**TASK GOAL**
Of the lines listed below, return exactly those that run from the line containing "else ok (elim" through the line containing "require_ok (user_has_u2f_tokens state", both included.

[RECORDED DATA — start]

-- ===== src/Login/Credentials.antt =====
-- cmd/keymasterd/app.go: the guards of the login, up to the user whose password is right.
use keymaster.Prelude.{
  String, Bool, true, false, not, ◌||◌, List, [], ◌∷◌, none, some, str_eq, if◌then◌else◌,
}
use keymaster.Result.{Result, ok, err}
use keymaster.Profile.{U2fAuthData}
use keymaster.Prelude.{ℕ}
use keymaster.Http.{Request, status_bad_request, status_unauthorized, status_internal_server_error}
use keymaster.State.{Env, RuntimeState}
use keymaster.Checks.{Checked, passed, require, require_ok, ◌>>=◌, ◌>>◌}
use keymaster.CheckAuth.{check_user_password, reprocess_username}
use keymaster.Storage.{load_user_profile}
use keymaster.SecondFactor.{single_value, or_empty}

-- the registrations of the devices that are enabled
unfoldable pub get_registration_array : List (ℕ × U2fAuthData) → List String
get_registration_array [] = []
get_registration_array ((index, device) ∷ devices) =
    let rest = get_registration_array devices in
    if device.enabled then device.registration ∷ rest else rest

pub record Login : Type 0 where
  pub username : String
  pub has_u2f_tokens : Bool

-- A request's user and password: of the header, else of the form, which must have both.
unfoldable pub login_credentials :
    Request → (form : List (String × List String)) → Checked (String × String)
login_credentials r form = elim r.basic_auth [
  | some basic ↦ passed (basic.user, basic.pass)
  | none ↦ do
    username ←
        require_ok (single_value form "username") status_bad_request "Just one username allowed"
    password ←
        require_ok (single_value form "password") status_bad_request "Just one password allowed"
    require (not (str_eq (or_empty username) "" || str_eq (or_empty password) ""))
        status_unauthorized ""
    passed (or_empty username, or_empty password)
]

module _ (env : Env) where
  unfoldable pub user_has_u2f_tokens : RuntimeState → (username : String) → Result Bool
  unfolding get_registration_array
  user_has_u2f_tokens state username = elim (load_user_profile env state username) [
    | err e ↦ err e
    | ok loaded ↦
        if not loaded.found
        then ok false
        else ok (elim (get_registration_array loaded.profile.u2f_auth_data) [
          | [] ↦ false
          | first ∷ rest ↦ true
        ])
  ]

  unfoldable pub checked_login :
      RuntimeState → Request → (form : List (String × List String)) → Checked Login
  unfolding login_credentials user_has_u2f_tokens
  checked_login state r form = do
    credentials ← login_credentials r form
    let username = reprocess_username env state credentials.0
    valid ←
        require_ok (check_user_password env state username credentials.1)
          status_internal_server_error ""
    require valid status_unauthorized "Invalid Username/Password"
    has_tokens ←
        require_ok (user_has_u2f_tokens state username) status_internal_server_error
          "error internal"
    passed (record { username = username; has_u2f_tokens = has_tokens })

[RECORDED DATA — finish]

**COMPLETED EXERCISE**
        else ok (elim (get_registration_array loaded.profile.u2f_auth_data) [
          | [] ↦ false
          | first ∷ rest ↦ true
        ])
  ]

  unfoldable pub checked_login :
      RuntimeState → Request → (form : List (String × List String)) → Checked Login
  unfolding login_credentials user_has_u2f_tokens
  checked_login state r form = do
    credentials ← login_credentials r form
    let username = reprocess_username env state credentials.0
    valid ←
        require_ok (check_user_password env state username credentials.1)
          status_internal_server_error ""
    require valid status_unauthorized "Invalid Username/Password"
    has_tokens ←
        require_ok (user_has_u2f_tokens state username) status_internal_server_error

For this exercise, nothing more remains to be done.